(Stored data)

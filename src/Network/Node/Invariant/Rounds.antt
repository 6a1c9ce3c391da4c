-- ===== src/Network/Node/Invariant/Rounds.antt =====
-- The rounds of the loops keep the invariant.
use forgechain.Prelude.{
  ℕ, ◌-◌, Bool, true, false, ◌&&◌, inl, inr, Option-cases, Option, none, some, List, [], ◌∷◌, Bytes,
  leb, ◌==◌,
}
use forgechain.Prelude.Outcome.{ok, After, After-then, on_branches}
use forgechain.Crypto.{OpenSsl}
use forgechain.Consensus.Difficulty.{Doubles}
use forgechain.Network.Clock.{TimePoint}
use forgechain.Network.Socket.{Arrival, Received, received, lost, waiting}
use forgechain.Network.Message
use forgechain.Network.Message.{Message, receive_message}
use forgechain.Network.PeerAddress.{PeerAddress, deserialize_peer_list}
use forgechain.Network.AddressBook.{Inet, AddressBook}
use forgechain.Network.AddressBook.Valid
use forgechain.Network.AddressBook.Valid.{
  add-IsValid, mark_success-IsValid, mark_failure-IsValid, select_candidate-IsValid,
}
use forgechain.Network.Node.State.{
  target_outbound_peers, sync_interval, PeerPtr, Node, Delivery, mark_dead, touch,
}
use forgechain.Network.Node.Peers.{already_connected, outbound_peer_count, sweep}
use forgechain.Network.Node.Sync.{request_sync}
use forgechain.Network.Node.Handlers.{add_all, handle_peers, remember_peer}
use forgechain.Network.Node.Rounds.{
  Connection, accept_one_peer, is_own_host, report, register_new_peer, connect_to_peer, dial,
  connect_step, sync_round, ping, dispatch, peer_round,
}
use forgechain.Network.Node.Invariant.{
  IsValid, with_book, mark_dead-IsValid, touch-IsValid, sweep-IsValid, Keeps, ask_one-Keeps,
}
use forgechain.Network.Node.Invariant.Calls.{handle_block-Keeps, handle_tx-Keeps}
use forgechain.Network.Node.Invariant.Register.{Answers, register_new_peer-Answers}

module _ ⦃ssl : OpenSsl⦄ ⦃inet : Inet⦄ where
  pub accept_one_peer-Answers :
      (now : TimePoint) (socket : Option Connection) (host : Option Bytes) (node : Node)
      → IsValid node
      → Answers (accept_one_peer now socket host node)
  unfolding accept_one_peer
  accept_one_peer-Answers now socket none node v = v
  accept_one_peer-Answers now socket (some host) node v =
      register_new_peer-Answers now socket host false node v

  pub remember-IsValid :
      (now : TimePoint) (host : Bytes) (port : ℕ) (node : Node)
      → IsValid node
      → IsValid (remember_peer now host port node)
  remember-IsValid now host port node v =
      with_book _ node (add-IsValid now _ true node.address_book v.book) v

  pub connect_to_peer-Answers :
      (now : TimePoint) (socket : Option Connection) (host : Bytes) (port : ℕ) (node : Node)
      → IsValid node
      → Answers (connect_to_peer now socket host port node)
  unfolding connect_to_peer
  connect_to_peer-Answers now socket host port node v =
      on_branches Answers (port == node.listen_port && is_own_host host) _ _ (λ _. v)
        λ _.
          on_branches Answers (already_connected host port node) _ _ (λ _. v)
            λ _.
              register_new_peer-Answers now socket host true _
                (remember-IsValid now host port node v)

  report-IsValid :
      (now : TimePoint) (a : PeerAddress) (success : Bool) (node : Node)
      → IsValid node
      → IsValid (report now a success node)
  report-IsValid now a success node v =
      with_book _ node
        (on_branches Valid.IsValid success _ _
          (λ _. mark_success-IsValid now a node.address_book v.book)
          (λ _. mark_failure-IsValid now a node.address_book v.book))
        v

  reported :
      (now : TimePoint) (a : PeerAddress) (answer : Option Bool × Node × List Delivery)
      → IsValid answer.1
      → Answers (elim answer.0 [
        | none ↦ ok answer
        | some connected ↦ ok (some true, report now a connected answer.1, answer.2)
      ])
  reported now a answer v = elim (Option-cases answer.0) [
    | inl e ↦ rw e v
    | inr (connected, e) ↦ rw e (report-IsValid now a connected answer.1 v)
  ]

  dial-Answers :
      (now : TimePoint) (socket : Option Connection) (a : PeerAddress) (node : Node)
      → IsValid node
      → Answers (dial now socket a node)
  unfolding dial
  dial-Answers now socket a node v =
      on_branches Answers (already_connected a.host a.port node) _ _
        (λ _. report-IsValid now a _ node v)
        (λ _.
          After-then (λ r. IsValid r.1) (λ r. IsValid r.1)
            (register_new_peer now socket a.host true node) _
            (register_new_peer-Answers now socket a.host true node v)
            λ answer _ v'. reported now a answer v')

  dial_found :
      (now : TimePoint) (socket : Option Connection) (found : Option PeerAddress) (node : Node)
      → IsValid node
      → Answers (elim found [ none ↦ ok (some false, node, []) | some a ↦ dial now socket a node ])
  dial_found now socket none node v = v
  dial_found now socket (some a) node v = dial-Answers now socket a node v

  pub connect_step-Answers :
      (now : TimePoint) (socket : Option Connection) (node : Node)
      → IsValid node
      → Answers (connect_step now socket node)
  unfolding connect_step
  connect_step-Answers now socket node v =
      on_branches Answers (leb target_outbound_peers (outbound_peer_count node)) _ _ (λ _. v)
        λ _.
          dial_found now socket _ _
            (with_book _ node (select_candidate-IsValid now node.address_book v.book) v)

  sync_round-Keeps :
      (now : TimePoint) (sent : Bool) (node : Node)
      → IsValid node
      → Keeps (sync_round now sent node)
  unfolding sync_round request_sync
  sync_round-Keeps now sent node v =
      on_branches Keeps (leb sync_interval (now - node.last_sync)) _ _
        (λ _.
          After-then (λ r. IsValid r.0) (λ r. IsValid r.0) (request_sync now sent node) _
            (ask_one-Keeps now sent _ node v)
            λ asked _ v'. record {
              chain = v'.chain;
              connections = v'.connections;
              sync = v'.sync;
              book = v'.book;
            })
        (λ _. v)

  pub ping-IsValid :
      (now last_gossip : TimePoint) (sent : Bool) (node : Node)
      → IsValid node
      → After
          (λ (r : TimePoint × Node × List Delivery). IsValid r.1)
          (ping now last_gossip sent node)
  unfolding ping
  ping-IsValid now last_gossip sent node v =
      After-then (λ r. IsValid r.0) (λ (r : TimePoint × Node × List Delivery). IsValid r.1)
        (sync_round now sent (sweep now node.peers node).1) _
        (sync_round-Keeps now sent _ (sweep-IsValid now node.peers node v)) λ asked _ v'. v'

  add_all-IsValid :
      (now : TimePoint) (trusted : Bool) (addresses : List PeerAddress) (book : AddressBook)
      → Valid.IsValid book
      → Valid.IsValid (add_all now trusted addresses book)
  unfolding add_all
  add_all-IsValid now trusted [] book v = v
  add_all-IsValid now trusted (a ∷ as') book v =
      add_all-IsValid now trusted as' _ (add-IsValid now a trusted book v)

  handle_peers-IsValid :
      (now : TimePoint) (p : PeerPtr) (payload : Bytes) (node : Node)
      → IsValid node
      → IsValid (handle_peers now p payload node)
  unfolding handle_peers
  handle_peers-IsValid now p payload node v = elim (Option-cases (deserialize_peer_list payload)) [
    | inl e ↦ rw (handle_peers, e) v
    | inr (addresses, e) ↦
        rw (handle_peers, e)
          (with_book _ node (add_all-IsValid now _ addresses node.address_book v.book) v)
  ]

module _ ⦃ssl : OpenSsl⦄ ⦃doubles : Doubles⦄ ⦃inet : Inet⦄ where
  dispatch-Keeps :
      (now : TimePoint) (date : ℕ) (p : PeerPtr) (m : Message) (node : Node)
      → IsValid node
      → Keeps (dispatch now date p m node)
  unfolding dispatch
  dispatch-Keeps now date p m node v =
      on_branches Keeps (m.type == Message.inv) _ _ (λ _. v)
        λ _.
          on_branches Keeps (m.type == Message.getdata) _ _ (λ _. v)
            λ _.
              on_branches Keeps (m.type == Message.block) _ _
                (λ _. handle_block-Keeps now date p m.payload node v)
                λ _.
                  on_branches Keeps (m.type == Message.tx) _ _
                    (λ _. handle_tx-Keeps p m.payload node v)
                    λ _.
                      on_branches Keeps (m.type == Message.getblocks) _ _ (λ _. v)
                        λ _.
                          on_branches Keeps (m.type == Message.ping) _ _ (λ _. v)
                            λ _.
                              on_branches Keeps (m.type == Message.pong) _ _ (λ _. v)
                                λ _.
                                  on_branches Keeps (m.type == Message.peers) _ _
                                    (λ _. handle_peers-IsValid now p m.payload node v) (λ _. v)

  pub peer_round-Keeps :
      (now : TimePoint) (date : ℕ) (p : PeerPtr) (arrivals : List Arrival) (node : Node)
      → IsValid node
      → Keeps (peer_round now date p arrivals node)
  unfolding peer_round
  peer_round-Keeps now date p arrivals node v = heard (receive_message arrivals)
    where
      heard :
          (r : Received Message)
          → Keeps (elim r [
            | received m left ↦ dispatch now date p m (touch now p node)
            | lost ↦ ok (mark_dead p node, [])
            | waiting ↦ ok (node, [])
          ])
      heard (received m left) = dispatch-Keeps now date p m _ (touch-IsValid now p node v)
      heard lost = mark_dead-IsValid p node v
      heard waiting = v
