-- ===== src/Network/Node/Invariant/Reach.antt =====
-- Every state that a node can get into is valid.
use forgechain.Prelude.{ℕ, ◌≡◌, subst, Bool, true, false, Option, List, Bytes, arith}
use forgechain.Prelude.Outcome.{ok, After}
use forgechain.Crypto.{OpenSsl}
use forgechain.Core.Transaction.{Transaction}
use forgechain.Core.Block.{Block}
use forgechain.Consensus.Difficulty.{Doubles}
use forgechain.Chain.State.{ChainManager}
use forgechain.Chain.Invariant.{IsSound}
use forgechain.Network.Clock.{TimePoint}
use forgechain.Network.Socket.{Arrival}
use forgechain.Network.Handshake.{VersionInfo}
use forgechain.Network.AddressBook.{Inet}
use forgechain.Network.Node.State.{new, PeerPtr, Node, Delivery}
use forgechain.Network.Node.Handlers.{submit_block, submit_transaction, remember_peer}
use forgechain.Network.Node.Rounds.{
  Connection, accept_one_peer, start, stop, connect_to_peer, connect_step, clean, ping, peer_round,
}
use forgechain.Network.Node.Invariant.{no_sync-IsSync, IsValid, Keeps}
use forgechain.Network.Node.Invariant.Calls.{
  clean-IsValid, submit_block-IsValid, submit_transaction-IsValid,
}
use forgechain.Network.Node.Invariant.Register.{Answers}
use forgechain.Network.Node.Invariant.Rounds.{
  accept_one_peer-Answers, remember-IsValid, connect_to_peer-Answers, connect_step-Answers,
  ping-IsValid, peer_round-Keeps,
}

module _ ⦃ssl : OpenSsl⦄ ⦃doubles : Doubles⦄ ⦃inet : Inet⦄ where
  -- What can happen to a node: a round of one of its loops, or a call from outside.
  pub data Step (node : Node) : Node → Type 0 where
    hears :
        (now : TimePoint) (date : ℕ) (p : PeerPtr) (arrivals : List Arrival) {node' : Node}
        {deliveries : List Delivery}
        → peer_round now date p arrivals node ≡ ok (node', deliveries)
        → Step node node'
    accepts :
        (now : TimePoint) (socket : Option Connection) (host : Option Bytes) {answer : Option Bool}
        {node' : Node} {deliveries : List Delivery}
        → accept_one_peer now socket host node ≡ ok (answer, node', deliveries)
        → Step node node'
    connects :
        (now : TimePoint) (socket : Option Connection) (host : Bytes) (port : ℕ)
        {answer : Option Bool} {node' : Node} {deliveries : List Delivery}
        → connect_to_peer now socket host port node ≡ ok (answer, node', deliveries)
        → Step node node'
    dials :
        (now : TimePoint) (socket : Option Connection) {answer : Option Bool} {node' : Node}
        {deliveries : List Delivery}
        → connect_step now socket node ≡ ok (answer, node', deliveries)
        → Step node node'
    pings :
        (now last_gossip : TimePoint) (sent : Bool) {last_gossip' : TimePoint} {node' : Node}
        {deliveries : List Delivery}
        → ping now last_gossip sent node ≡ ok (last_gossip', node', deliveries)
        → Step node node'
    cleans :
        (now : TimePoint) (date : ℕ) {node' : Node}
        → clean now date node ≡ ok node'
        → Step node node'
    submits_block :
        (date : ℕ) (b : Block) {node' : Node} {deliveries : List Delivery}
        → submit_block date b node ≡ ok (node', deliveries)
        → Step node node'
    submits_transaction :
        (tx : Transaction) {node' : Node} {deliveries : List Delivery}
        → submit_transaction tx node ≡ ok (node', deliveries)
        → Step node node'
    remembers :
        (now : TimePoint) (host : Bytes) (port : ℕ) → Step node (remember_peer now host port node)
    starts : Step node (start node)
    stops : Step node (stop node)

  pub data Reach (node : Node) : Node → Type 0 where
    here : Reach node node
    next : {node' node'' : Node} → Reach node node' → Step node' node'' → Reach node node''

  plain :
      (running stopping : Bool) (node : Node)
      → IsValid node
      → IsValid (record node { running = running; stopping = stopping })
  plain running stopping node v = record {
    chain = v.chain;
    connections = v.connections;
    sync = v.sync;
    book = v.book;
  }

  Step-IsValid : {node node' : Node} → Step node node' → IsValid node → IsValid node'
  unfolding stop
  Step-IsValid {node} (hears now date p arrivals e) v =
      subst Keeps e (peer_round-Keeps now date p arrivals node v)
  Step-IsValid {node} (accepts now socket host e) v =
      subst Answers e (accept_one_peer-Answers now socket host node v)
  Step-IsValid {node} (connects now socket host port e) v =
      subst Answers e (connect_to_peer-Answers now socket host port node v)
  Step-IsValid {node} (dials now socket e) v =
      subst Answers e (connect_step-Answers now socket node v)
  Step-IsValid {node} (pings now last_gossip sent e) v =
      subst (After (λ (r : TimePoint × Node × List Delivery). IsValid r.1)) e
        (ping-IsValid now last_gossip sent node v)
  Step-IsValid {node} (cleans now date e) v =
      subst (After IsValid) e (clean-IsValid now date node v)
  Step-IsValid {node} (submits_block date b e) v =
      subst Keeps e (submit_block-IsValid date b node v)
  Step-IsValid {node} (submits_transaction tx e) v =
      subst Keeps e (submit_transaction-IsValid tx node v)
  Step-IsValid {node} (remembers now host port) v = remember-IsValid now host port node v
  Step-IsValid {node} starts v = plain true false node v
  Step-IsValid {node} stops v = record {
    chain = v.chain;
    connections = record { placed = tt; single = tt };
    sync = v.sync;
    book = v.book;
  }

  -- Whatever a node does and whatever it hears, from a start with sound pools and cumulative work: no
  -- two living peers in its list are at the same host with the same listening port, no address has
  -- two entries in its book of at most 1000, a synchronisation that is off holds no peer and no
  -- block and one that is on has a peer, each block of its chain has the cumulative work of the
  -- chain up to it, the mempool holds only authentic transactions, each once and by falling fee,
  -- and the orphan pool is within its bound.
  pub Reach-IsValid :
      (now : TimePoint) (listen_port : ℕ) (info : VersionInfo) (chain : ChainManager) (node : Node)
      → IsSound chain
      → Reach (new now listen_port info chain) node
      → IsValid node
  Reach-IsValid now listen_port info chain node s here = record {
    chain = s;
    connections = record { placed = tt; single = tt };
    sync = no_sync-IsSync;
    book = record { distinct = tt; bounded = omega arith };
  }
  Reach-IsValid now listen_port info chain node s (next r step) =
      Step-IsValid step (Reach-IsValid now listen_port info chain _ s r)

WORK TO COMPLETE | Within the lines above, find those holding the word "ChainManager" and copy them.

TASK ANSWER |
use forgechain.Chain.State.{ChainManager}
      (now : TimePoint) (listen_port : ℕ) (info : VersionInfo) (chain : ChainManager) (node : Node)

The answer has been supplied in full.